Sheet steel is ideal for covering roofs with complex configurations. At the same time, you should not be afraid that after work there will be a lot of “waste” left - scraps, partially used sheets: all of them can be used to make eaves overhangs, gutters, unds, over-wall gutters, drainpipes, various aprons, etc. For the same purpose, non-standard steel sheets can be used.

When starting work, carefully inspect the sheets of roofing steel on both sides, remove rust with steel brushes, level with a hammer, and only then proceed to marking, trimming and priming. The sheets prepared in this way are combined into “pictures”. If you will use the same parts, do not be lazy to prepare templates. To avoid corrosion, the sheets on both sides are primed with drying oil and kept for 24 hours.

So, the sheets are ready. Let's start preparing the “pictures”.

Before laying, we connect individual sheets with lying folds into strips of several sheets (a fold is a seam that is formed when joining), obtaining a “picture”. We do a recumbent fold like this: we place a sheet with bent corners on a workbench, bend the entire edge 90 degrees and lay it flat. Do not forget to seal the seam after joining the sheets. Upper part The picture of the eaves overhang has a folded fold upward, and the lower part has a drip - a flap lip. From the end edge of the sheet, at a distance of 120 millimeters, we mark a bend line, on which we make cuts on the sides - 4 millimeters on the right and 25 millimeters on the left. Then we bend the edge down by 15 millimeters, turn the sheet over and fold the edge onto the plane of the sheet. We move the sheet so that the edge hangs from the workbench by about 20 millimeters, and bend it down at a right angle. We turn the sheet over again and bend the edge 40 millimeters. We turn it over again and dump the drip onto a plane. The drip tray can have a double bend - although this design is more troublesome, it is more durable and drains water better.
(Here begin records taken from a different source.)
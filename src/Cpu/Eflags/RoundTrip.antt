-- ===== src/Cpu/Eflags/RoundTrip.antt =====
-- `cpu_set_eflags` followed by `cpu_get_eflags`.
use cpu_ia32_cpp.Base.{
  ℕ, ◌-◌, ◌*◌, ◌^◌, ◌<◌, bit_and, bit_or, bit_xor, ◌≡◌, refl, ap, ◌∙◌, some, arith, not32, int_of,
  ◌==◌,
}
use cpu_ia32_cpp.Base.Bits.{
  bit_at, bit_at-lt, bit_and-mask, bit_or-lt, bit_and-lt, shifted-bit_at, SameBits, SameBits-eq,
  bit_or-masked,
}
use cpu_ia32_cpp.Cpu.State.{Cpu, IsWords, full_update, code, lazy_op}
use cpu_ia32_cpp.Cpu.Eflags.{cpu_get_sf, cpu_get_pf}
use cpu_ia32_cpp.Cpu.Flags.{Flags, flags}
use cpu_ia32_cpp.Cpu.Eflags.{cpu_get_eflags, cpu_set_eflags, settable, arith_mask, bit_test}
use cpu_ia32_cpp.Cpu.Eflags.Setters.{flags-full, bit_laws}
use cpu_ia32_cpp.Base.{zero, suc, inl, inr, Bool-cases, ◌<<<◌, ◌!=◌}
use cpu_ia32_cpp.Cpu.State.{cpu_request_fast_return}
use native.Mathlib.Nat.{mod-eq_of_lt}
use cpu_ia32_cpp.Cpu.Eflags.Word.{packed, cpu_get_eflags-packed}

-- `m_eflags` after `cpu_set_eflags`: the settable bits of the argument, the others as before.
abbrev pub merged : ℕ → ℕ → ℕ
merged eflags e = bit_or (bit_and e (not32 settable)) (bit_and eflags settable)

-- `m_laux` for the parity `p`, the sign `s` and the result `l`.
abbrev encoding : ℕ → ℕ → ℕ → ℕ
encoding p l s =
    bit_or (bit_or (code full_update) ((s * 0x80) <<< 24)) (bit_xor (bit_xor p l) 1 <<< 7)

abbrev Encoded : ℕ → ℕ → ℕ → Cpu → Type 0
Encoded p l s c =
    let d = record c { lr = l; laux = encoding p l s } in
    (cpu_get_sf d ≡ s)
    × (cpu_get_pf d ≡ p)
    × (lazy_op (bit_and d.laux 63) ≡ some full_update)
    × (d.laux < 2 ^ 32)

-- The word encodes SF and PF for the functions that read them.
encoded : (p l s : ℕ) (c : Cpu) → (p < 2) × (l < 2) × (s < 2) → Encoded p l s c
unfolding cpu_get_sf cpu_get_pf
encoded zero zero zero c h = (refl, refl, refl, omega arith)
encoded zero zero (suc zero) c h = (refl, refl, refl, omega arith)
encoded zero (suc zero) zero c h = (refl, refl, refl, omega arith)
encoded zero (suc zero) (suc zero) c h = (refl, refl, refl, omega arith)
encoded (suc zero) zero zero c h = (refl, refl, refl, omega arith)
encoded (suc zero) zero (suc zero) c h = (refl, refl, refl, omega arith)
encoded (suc zero) (suc zero) zero c h = (refl, refl, refl, omega arith)
encoded (suc zero) (suc zero) (suc zero) c h = (refl, refl, refl, omega arith)
encoded (suc (suc p)) l s c h = absurd (omega arith)
encoded p (suc (suc l)) s c h = absurd (omega arith)
encoded p l (suc (suc s)) c h = absurd (omega arith)

flag_7 : (x : ℕ) → bit_and x 0x80 ≡ bit_at 7 x * 0x80
flag_7 x = SameBits-eq 8 _ _ (bit_and-lt 8 x 0x80 (omega arith)) (omega (arith, bit_at-lt 7 x)) same
  where
    same : SameBits 8 (bit_and x 0x80) (bit_at 7 x * 0x80)
    same = unfold bit_at in simp bit_laws (omega arith)

flag_6 : (x : ℕ) → bit_and x 0x40 ≡ bit_at 6 x * 0x40
flag_6 x = SameBits-eq 7 _ _ (bit_and-lt 7 x 0x40 (omega arith)) (omega (arith, bit_at-lt 6 x)) same
  where
    same : SameBits 7 (bit_and x 0x40) (bit_at 6 x * 0x40)
    same = unfold bit_at in simp bit_laws (omega arith)

-- The six flags of a word.
abbrev pub flags_in : ℕ → Flags
flags_in x = record {
  cf = bit_at 0 x;
  pf = bit_at 2 x;
  af = bit_at 4 x;
  zf = bit_at 6 x;
  sf = bit_at 7 x;
  of = bit_at 11 x;
}

packed-flags_in : (x : ℕ) → packed (flags_in x) ≡ bit_and x arith_mask
packed-flags_in x =
    SameBits-eq 12 _ _ (omega (arith, bit_at-lt)) (bit_and-lt 12 x arith_mask (omega arith)) same
  where
    same : SameBits 12 (packed (flags_in x)) (bit_and x arith_mask)
    same = unfold bit_at in simp bit_laws (omega arith)

-- Each of PF, ZF and SF is settable.
merged-bits :
    (eflags e : ℕ)
    → (bit_at 6 (merged eflags e) ≡ bit_at 6 eflags)
      × (bit_at 7 (merged eflags e) ≡ bit_at 7 eflags)
unfolding bit_at
merged-bits eflags e = simp bit_laws (omega arith)

merged-lt : (eflags e : ℕ) → e < 2 ^ 32 → merged eflags e < 2 ^ 32
merged-lt eflags e h =
    bit_or-lt 32 _ _ (bit_and-lt 32 e (not32 settable) (omega arith))
      (bit_and-lt 32 eflags settable (omega arith))

module _ (eflags : ℕ) (c : Cpu) where
  abbrev word : ℕ
  word = merged eflags c.eflags

  abbrev target : Cpu
  target = record c {
    eflags = word;
    lr = 1 - bit_at 6 word;
    laux = encoding (bit_at 2 word) (1 - bit_at 6 word) (bit_at 7 word);
  }

  abbrev IsTarget : Cpu → Type 0
  IsTarget d =
      (d.eflags ≡ target.eflags)
      × (d.lr ≡ target.lr)
      × (d.laux ≡ target.laux)
      × (d.lop1 ≡ c.lop1)
      × (d.lop2 ≡ c.lop2)

  abbrev new_lr : ℕ
  new_lr = int_of (bit_and eflags 0x40 == 0)

  abbrev new_laux : ℕ
  new_laux =
      bit_or (bit_or (code full_update) (bit_and eflags 0x80 <<< 24))
        (bit_xor (bit_xor (bit_test word 2) new_lr) 1 <<< 7)

  new_lr-eq : new_lr ≡ 1 - bit_at 6 word
  new_lr-eq = ground (arith, flag_6 eflags, merged-bits eflags c.eflags, bit_at-lt 6 eflags)

  new_laux-eq : new_laux ≡ target.laux
  new_laux-eq =
      rw (new_lr-eq, flag_7 eflags, shifted-bit_at 2 word, ← (merged-bits eflags c.eflags).1) refl

  -- Interrupts allowed or forbidden end the run of instructions, which changes no flag.
  cpu_set_eflags-IsTarget : IsTarget (cpu_set_eflags eflags c)
  unfolding cpu_set_eflags cpu_request_fast_return
  cpu_set_eflags-IsTarget = elim (Bool-cases (bit_and (bit_xor c.eflags word) 0x200 != 0)) [
    | inl changed ↦ rw changed (refl, new_lr-eq, new_laux-eq, refl, refl)
    | inr same ↦ rw same (refl, new_lr-eq, new_laux-eq, refl, refl)
  ]

  target-Encoded : Encoded (bit_at 2 word) (1 - bit_at 6 word) (bit_at 7 word) c
  target-Encoded =
      encoded (bit_at 2 word) (1 - bit_at 6 word) (bit_at 7 word) c
        (bit_at-lt 2 word, omega arith, bit_at-lt 7 word)

  sf-IsTarget : (d : Cpu) → IsTarget d → cpu_get_sf d ≡ bit_at 7 word
  unfolding cpu_get_sf
  sf-IsTarget d t = rw (t.1, t.2) target-Encoded.0

  pf-IsTarget : (d : Cpu) → IsTarget d → cpu_get_pf d ≡ bit_at 2 word
  unfolding cpu_get_pf
  pf-IsTarget d t = rw (t.1, t.2) target-Encoded.1

  zf-IsTarget : (d : Cpu) → IsTarget d → int_of (d.lr == 0) ≡ bit_at 6 word
  zf-IsTarget d t = ground (arith, bit_at-lt 6 word)

  flags-IsTarget : (d : Cpu) → IsTarget d → flags d ≡ some (flags_in word)
  flags-IsTarget d t =
      flags-full d (ap (λ (x : ℕ). lazy_op (bit_and x 63)) t.2 ∙ target-Encoded.2) ∙ λ i.
      some (record {
        cf = bit_at 0 (t.0 i);
        pf = pf-IsTarget d t i;
        af = bit_at 4 (t.0 i);
        zf = zf-IsTarget d t i;
        sf = sf-IsTarget d t i;
        of = bit_at 11 (t.0 i);
      })

  -- After `cpu_set_eflags` the six flags that can be read are those bits of the word.
  pub flags-cpu_set_eflags : flags (cpu_set_eflags eflags c) ≡ some (flags_in word)
  flags-cpu_set_eflags = flags-IsTarget (cpu_set_eflags eflags c) cpu_set_eflags-IsTarget

whole : (x : ℕ) → x < 2 ^ 32 → bit_or (bit_and x (not32 arith_mask)) (bit_and x arith_mask) ≡ x
whole x h = bit_or-masked x (not32 arith_mask) arith_mask ∙ bit_and-mask 32 x ∙ mod-eq_of_lt h

pub cpu_set_eflags-IsWords : (eflags : ℕ) (c : Cpu) → IsWords c → IsWords (cpu_set_eflags eflags c)
cpu_set_eflags-IsWords eflags c v =
    let t = cpu_set_eflags-IsTarget eflags c in
    let e = target-Encoded eflags c in
    record {
      lr_fits = omega (arith, t.1);
      lop1_fits = omega (arith, t.3, v.lop1_fits);
      lop2_fits = omega (arith, t.4, v.lop2_fits);
      laux_fits = omega (arith, t.2, e.3);
      eflags_fits = omega (arith, t.0, merged-lt eflags c.eflags v.eflags_fits);
    }

-- `cpu_get_eflags` after `cpu_set_eflags eflags` gives `eflags` in the bits that can be set and the
-- old `m_eflags` in the others.
pub cpu_get_eflags-cpu_set_eflags :
    (eflags : ℕ) (c : Cpu)
    → IsWords c
    → cpu_get_eflags (cpu_set_eflags eflags c)
      ≡ some (bit_or (bit_and c.eflags (not32 settable)) (bit_and eflags settable))
cpu_get_eflags-cpu_set_eflags eflags c v =
    let d = cpu_set_eflags eflags c in
    let x = merged eflags c.eflags in
    cpu_get_eflags-packed d (flags_in x) (cpu_set_eflags-IsWords eflags c v)
      (flags-cpu_set_eflags eflags c)
    ∙ ap (λ (t : ℕ). some (bit_or (bit_and t (not32 arith_mask)) (packed (flags_in x))))
        (cpu_set_eflags-IsTarget eflags c).0
    ∙ ap some (
        ap (bit_or (bit_and x (not32 arith_mask))) (packed-flags_in x)
        ∙ whole x (merged-lt eflags c.eflags v.eflags_fits))
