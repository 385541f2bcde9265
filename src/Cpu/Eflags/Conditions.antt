-- ===== src/Cpu/Eflags/Conditions.antt =====
-- `cpu_set_zf`, and the sixteen conditions of `cpu_cond`.
use cpu_ia32_cpp.Base.{
  ℕ, ◌*◌, ◌/◌, ◌%◌, ◌^◌, ◌<◌, bit_and, bit_or, bit_xor, ◌≡◌, refl, ap, ◌∙◌, some, Bool, true, false,
  arith, not32, int_of, ◌==◌,
}
use cpu_ia32_cpp.Base.Bits.{bit_at, bit_and-mask, bit_and-one}
use cpu_ia32_cpp.Cpu.State.{Cpu, IsWords}
use cpu_ia32_cpp.Cpu.Eflags.{◌>>=◌}
use cpu_ia32_cpp.Cpu.Eflags.Marks.{flags-parts}
use cpu_ia32_cpp.Cpu.Flags.{Flags, flags}
use cpu_ia32_cpp.Cpu.Eflags.{cpu_set_zf, arith_mask}
use cpu_ia32_cpp.Cpu.Eflags.Setters.{bit_laws}
use cpu_ia32_cpp.Base.{zero, suc, ◌!=◌, if◌then◌else◌}
use cpu_ia32_cpp.Cpu.Eflags.Word.{packed, cpu_get_eflags-packed}
use cpu_ia32_cpp.Base.{not, ◌||◌}
use cpu_ia32_cpp.Cpu.Eflags.{cpu_cond, condition}
use cpu_ia32_cpp.Cpu.Eflags.Word.{IsBinary, flags-IsBinary}
use cpu_ia32_cpp.Cpu.Eflags.RoundTrip.{merged, flags_in, flags-cpu_set_eflags}

module _ (e v : ℕ) (f : Flags) (binary : IsBinary f) (v_lt : v < 2) where
  abbrev with_zf : ℕ
  with_zf =
      bit_or (bit_and (bit_or (bit_and e (not32 arith_mask)) (packed f)) (not32 0x40)) (v * 0x40)

  flags_in-with_zf : flags_in (merged with_zf e) ≡ record f { zf = v }
  flags_in-with_zf = λ i. record {
    cf = bit_0 i;
    pf = bit_2 i;
    af = bit_4 i;
    zf = bit_6 i;
    sf = bit_7 i;
    of = bit_11 i;
  }
    where
      bit_0 : bit_at 0 (merged with_zf e) ≡ f.cf
      bit_0 = unfold bit_at in simp bit_laws (omega arith)

      bit_2 : bit_at 2 (merged with_zf e) ≡ f.pf
      bit_2 = unfold bit_at in simp bit_laws (omega arith)

      bit_4 : bit_at 4 (merged with_zf e) ≡ f.af
      bit_4 = unfold bit_at in simp bit_laws (omega arith)

      bit_6 : bit_at 6 (merged with_zf e) ≡ v
      bit_6 = unfold bit_at in simp bit_laws (omega arith)

      bit_7 : bit_at 7 (merged with_zf e) ≡ f.sf
      bit_7 = unfold bit_at in simp bit_laws (omega arith)

      bit_11 : bit_at 11 (merged with_zf e) ≡ f.of
      bit_11 = unfold bit_at in simp bit_laws (omega arith)

-- `cpu_set_zf`, on words of 32 bits whose six flags can be read, sets ZF to the given 0 or 1 and
-- keeps the other five flags.
flags-cpu_set_zf :
    (c : Cpu) (f : Flags) (v : ℕ)
    → IsWords c
    → flags c ≡ some f
    → v < 2
    → (cpu_set_zf v c >>= flags) ≡ some (record f { zf = v })
unfolding cpu_set_zf
flags-cpu_set_zf c f v words read v_lt = rw (cpu_get_eflags-packed c f words read) (
    flags-cpu_set_eflags (with_zf c.eflags v f (flags-IsBinary c f words read) v_lt) c
    ∙ ap some (flags_in-with_zf c.eflags v f (flags-IsBinary c f words read) v_lt))

-- The architecture's conditions: overflow, carry, zero, carry or zero, sign, parity, less, less or
-- equal.
abbrev pub holds : ℕ → Flags → Bool
holds zero f = f.of == 1
holds (suc zero) f = f.cf == 1
holds (suc (suc zero)) f = f.zf == 1
holds (suc (suc (suc zero))) f = f.cf == 1 || f.zf == 1
holds (suc (suc (suc (suc zero)))) f = f.sf == 1
holds (suc (suc (suc (suc (suc zero))))) f = f.pf == 1
holds (suc (suc (suc (suc (suc (suc zero)))))) f = f.sf != f.of
holds _ f = f.zf == 1 || f.sf != f.of

-- The low bit of the condition's number turns the test round.
turned : (b : Bool) (p : ℕ) → p < 2 → bit_xor (int_of b) p ≡ int_of (if p == 0 then b else not b)
turned true zero h = refl
turned true (suc zero) h = refl
turned false zero h = refl
turned false (suc zero) h = refl
turned true (suc (suc p)) h = absurd (omega arith)
turned false (suc (suc p)) h = absurd (omega arith)

module _ (c : Cpu) (f : Flags) (words : IsWords c) (read : flags c ≡ some f) where
  binary : IsBinary f
  binary = flags-IsBinary c f words read

  condition-eq : (n : ℕ) → n < 8 → condition n c ≡ some (int_of (holds n f))
  condition-eq zero h = ground (arith, flags-parts c f read, binary)
  condition-eq (suc zero) h = ground (arith, flags-parts c f read, binary)
  condition-eq (suc (suc zero)) h = ground (arith, flags-parts c f read, binary)
  condition-eq (suc (suc (suc zero))) h = ground (arith, flags-parts c f read, binary)
  condition-eq (suc (suc (suc (suc zero)))) h = ground (arith, flags-parts c f read, binary)
  condition-eq (suc (suc (suc (suc (suc zero))))) h = ground (arith, flags-parts c f read, binary)
  condition-eq (suc (suc (suc (suc (suc (suc zero)))))) h =
      ground (arith, flags-parts c f read, binary)
  condition-eq (suc (suc (suc (suc (suc (suc (suc zero))))))) h =
      ground (arith, flags-parts c f read, binary)
  condition-eq (suc (suc (suc (suc (suc (suc (suc (suc n)))))))) h = absurd (omega arith)

  -- `cpu_cond`, where the six flags can be read from 32-bit words: the value is 1 if the condition
  -- with the number `val / 2 % 8` holds of the flags, and for an odd `val` if it does not.
  pub cpu_cond-holds :
      (val : ℕ)
      → cpu_cond val c
        ≡ some
            (int_of (if val % 2 == 0 then holds (val / 2 % 8) f else not (holds (val / 2 % 8) f)))
  unfolding cpu_cond
  cpu_cond-holds val =
      rw (bit_and-mask 3 (val / 2 ^ 1), condition-eq (val / 2 % 8) (omega arith))
        (ap some (ap (bit_xor _) (bit_and-one val) ∙ turned _ (val % 2) (omega arith)))
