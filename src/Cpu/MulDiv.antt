-- ===== src/Cpu/MulDiv.antt =====
-- cpu/arith.cpp: multiplications and divisions. `none` is `abort()`, or a signed division whose
-- quotient does not fit the type that C divides in, which is undefined.
pub mod Unsigned
use cpu_ia32_cpp.Base.{
  ℕ, zero, suc, ◌+◌, ◌-◌, ◌*◌, ◌/◌, ◌%◌, ◌^◌, Bool, true, false, ◌&&◌, Option, none, some, ltb, leb,
  ◌==◌, if◌then◌else◌, bit_and, u16, u32, u64, ◌<<<◌, ◌>>>◌, Width, w8, w16, w32, bits, top, size,
  truncate, sign_extend,
}
use cpu_ia32_cpp.Cpu.State.{mul, code, Cpu}
use cpu_ia32_cpp.Cpu.Arith.{Reg32, put_low, accumulator}
use cpu_ia32_cpp.Cpu.Eflags.{◌>>=◌}

-- What an instruction that can fault leaves: the function returns 0, or it has called
-- `cpu_exception(vector, code)` and returns 1.
pub data Outcome : Type 0 where
  completed : Cpu → Outcome
  exception : ℕ → ℕ → Cpu → Outcome

abbrev pub divide_error : Cpu → Outcome
divide_error = exception 0 0

-- `m_reg8[1] = v`, which is AH.
abbrev pub put_ah : ℕ → Reg32 → Reg32
put_ah v r j = if 0 == j then r 0 - r 0 / 256 % 256 * 256 + v % 256 * 256 else r j

-- The sign extension of a width to 64 bits.
abbrev pub sign_extend64 : Width → ℕ → ℕ
sign_extend64 w x =
    if ltb (truncate w x) (2 ^ top w) then truncate w x else truncate w x + (2 ^ 64 - size w)

-- The low and the high half of a product, each sign-extended from the width to 32 bits, are
-- `low >> top` and `high`.
abbrev pub low_signs : Width → ℕ → ℕ
low_signs w result = if ltb (truncate w result) (2 ^ top w) then 0 else 2 ^ 32 - 1

abbrev pub signed_product : Width → ℕ → ℕ → ℕ
signed_product w a b = u64 (sign_extend64 w a * sign_extend64 w b)

-- The common end of the multiplications: the registers take the product.
abbrev pub put_product : Width → ℕ → Reg32 → Reg32
put_product w8 result r = put_low w16 0 result r
put_product w16 result r = put_low w16 2 (result >>> 16) (put_low w16 0 result r)
put_product w32 result r = put_low w32 2 (result >>> 32) (put_low w32 0 result r)

abbrev pub finish_product : Width → ℕ → ℕ → ℕ → Cpu → Outcome
finish_product w result lop1 lop2 c = completed (record c {
  lr = sign_extend w result;
  lop1 = lop1;
  lop2 = lop2;
  laux = code mul;
  reg32 = put_product w result c.reg32;
})

-- Cases 4 and 5 of the switch; a product of two operands fits 64 bits.
unfoldable pub multiply : Width → ℕ → Cpu → Outcome
multiply w src c =
    let result = src * accumulator w c in finish_product w result 0 (result >>> bits w) c

unfoldable pub multiply_signed : Width → ℕ → Cpu → Outcome
multiply_signed w src c =
    let result = signed_product w src (accumulator w c) in
    finish_product w result (low_signs w result) (sign_extend w (result >>> bits w)) c

-- `AX`, `DX:AX` or `EDX:EAX`.
abbrev pub dividend : Width → Cpu → ℕ
dividend w8 c = truncate w16 (c.reg32 0)
dividend w16 c = truncate w16 (c.reg32 2) * 2 ^ 16 + truncate w16 (c.reg32 0)
dividend w32 c = truncate w32 (c.reg32 2) * 2 ^ 32 + truncate w32 (c.reg32 0)

abbrev pub put_quotient : Width → ℕ → ℕ → Reg32 → Reg32
put_quotient w8 q r regs = put_ah r (put_low w8 0 q regs)
put_quotient w16 q r regs = put_low w16 2 r (put_low w16 0 q regs)
put_quotient w32 q r regs = put_low w32 2 r (put_low w32 0 q regs)

-- Case 6.
unfoldable pub divide : Width → ℕ → Cpu → Outcome
divide w src c =
    let result = dividend w c / src in
    if src == 0
    then divide_error c
    else if ltb (size w - 1) result
    then divide_error c
    else completed (record c { reg32 = put_quotient w result (dividend w c % src) c.reg32 })

-- The signed type of 32 or 64 bits that C divides in, as bit patterns below `full`.
abbrev pub negative : ℕ → ℕ → Bool
negative full x = leb (full / 2) x

abbrev pub magnitude : ℕ → ℕ → ℕ
magnitude full x = if negative full x then full - x else x

abbrev pub signed : ℕ → Bool → ℕ → ℕ
signed full true n = (full - n) % full
signed full false n = n

abbrev pub differ : Bool → Bool → Bool
differ true true = false
differ false false = false
differ _ _ = true

-- C rounds towards 0; the remainder has the sign of the dividend. The least value divided by -1
-- has no quotient in the type.
unfoldable pub signed_quotient : ℕ → ℕ → ℕ → Option ℕ
signed_quotient full a b =
    if a == full / 2 && b == full - 1
    then none
    else some (
        signed full (differ (negative full a) (negative full b))
          (magnitude full a / magnitude full b))

unfoldable pub signed_remainder : ℕ → ℕ → ℕ → ℕ
signed_remainder full a b = signed full (negative full a) (magnitude full a % magnitude full b)

-- `temp > limit - 1 || temp < -limit` for a signed `temp`.
abbrev pub out_of_range : ℕ → ℕ → ℕ → Bool
out_of_range full limit temp =
    if negative full temp then ltb temp (full - limit) else ltb (limit - 1) temp

-- The type of the division: `int` for the operands of 8 and 16 bits, `int64_t` for 32.
abbrev pub full_of : Width → ℕ
full_of w8 = 2 ^ 32
full_of w16 = 2 ^ 32
full_of w32 = 2 ^ 64

-- The type of `temp`.
abbrev pub temp_of : Width → ℕ
temp_of w8 = 2 ^ 16
temp_of w16 = 2 ^ 32
temp_of w32 = 2 ^ 64

abbrev pub signed_dividend : Width → Cpu → ℕ
signed_dividend w8 c = sign_extend w16 (dividend w8 c)
signed_dividend w16 c = dividend w16 c
signed_dividend w32 c = dividend w32 c

abbrev pub signed_divisor : Width → ℕ → ℕ
signed_divisor w8 src = sign_extend w8 src
signed_divisor w16 src = sign_extend w16 src
signed_divisor w32 src = sign_extend64 w32 src

-- Case 7.
unfoldable pub divide_signed : Width → ℕ → Cpu → Option Outcome
unfolding signed_quotient signed_remainder
divide_signed w src c =
    let a = signed_dividend w c in
    let b = signed_divisor w src in
    let divided : Option Outcome = do
      result ← signed_quotient (full_of w) a b
      let rest = signed_remainder (full_of w) a b
      some (
          if out_of_range (temp_of w) (2 ^ top w) (result % temp_of w)
          then divide_error c
          else completed (record c { reg32 = put_quotient w result rest c.reg32 }))
    in if src == 0 then some (divide_error c) else divided

-- The cases of the switch on `op & 7`; below 4 the program stops.
abbrev pub muldiv_op : ℕ → Width → ℕ → Cpu → Option Outcome
muldiv_op (suc (suc (suc (suc zero)))) w src c = some (multiply w src c)
muldiv_op (suc (suc (suc (suc (suc zero))))) w src c = some (multiply_signed w src c)
muldiv_op (suc (suc (suc (suc (suc (suc zero)))))) w src c = some (divide w src c)
muldiv_op (suc (suc (suc (suc (suc (suc (suc n))))))) w src c = divide_signed w src c
muldiv_op _ w src c = none

unfoldable pub cpu_muldiv : Width → ℕ → ℕ → Cpu → Option Outcome
unfolding multiply multiply_signed divide divide_signed
cpu_muldiv w op src c = muldiv_op (bit_and op 7) w src c

abbrev pub cpu_muldiv8 : ℕ → ℕ → Cpu → Option Outcome
cpu_muldiv8 = cpu_muldiv w8

abbrev pub cpu_muldiv16 : ℕ → ℕ → Cpu → Option Outcome
cpu_muldiv16 = cpu_muldiv w16

abbrev pub cpu_muldiv32 : ℕ → ℕ → Cpu → Option Outcome
cpu_muldiv32 = cpu_muldiv w32

-- `cpu_imul8`, `cpu_imul16` and `cpu_imul32`: the product is returned, not put into registers.
unfoldable pub cpu_imul : Width → ℕ → ℕ → Cpu → ℕ × Cpu
cpu_imul w op1 op2 c =
    let result = signed_product w op1 op2 in
    (
      truncate w result,
      record c {
        laux = code mul;
        lop1 = low_signs w result;
        lop2 = sign_extend w (result >>> bits w);
        lr = sign_extend w result;
      },
    )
Be especially careful when folding the edges: the joined sheets should form an even row strip. Therefore, first bend the edge at the corners; these bends will keep the sheet from moving during further work. When folding the edge onto a plane, leave a gap of 3 millimeters, so that you can then connect it with the next sheet, sealing the fold with a mallet.

One of the most labor-intensive parts is the collar chimney. So that the result does not disappoint you, do not be too lazy to take the most accurate measurements of the chimney, according to which you make the “cutting”.

The collar consists of a pair of U-shaped parts that are overlapped. All parts can be connected either by double folded seams or by rivet or soldering, which is often used to connect transitions.

When all the parts are ready, you can proceed directly to covering the roof. First, install cornice pins with clamps and T-shaped crutches at a distance of 70 centimeters from each other and 12 centimeters from the edge of the overhang. Between the pin and the crutch - 20-40 centimeters, fastening to the sheathing - with nails and screws. The patterns of eaves overhangs, connected by lying folds, are assembled into blocks, the length of which is equal to the distance between two water intake funnels. The side cuts of the drip edges fit tightly against each other, the blocks of eaves overhangs are pushed onto the crutches so that the strips of the crutches fit into the bend of the drip line. The blocks are connected with folds and secured with nails.

Hooks are nailed perpendicular to the eaves overhang at a distance of 67-73 centimeters, onto which we attach the over-wall gutters. The gutter patterns are connected into blocks by overlapping. To connect to the edge of the covering, the upper edge of the gutters is bent 90 degrees.

The roof is covered starting from the slopes opposite the facade. Front page on pitched roofs– along the pediment, on multi-gable, hip and half-hip – from the beginning of the ridge. The paintings are laid from the overhangs to the ridge.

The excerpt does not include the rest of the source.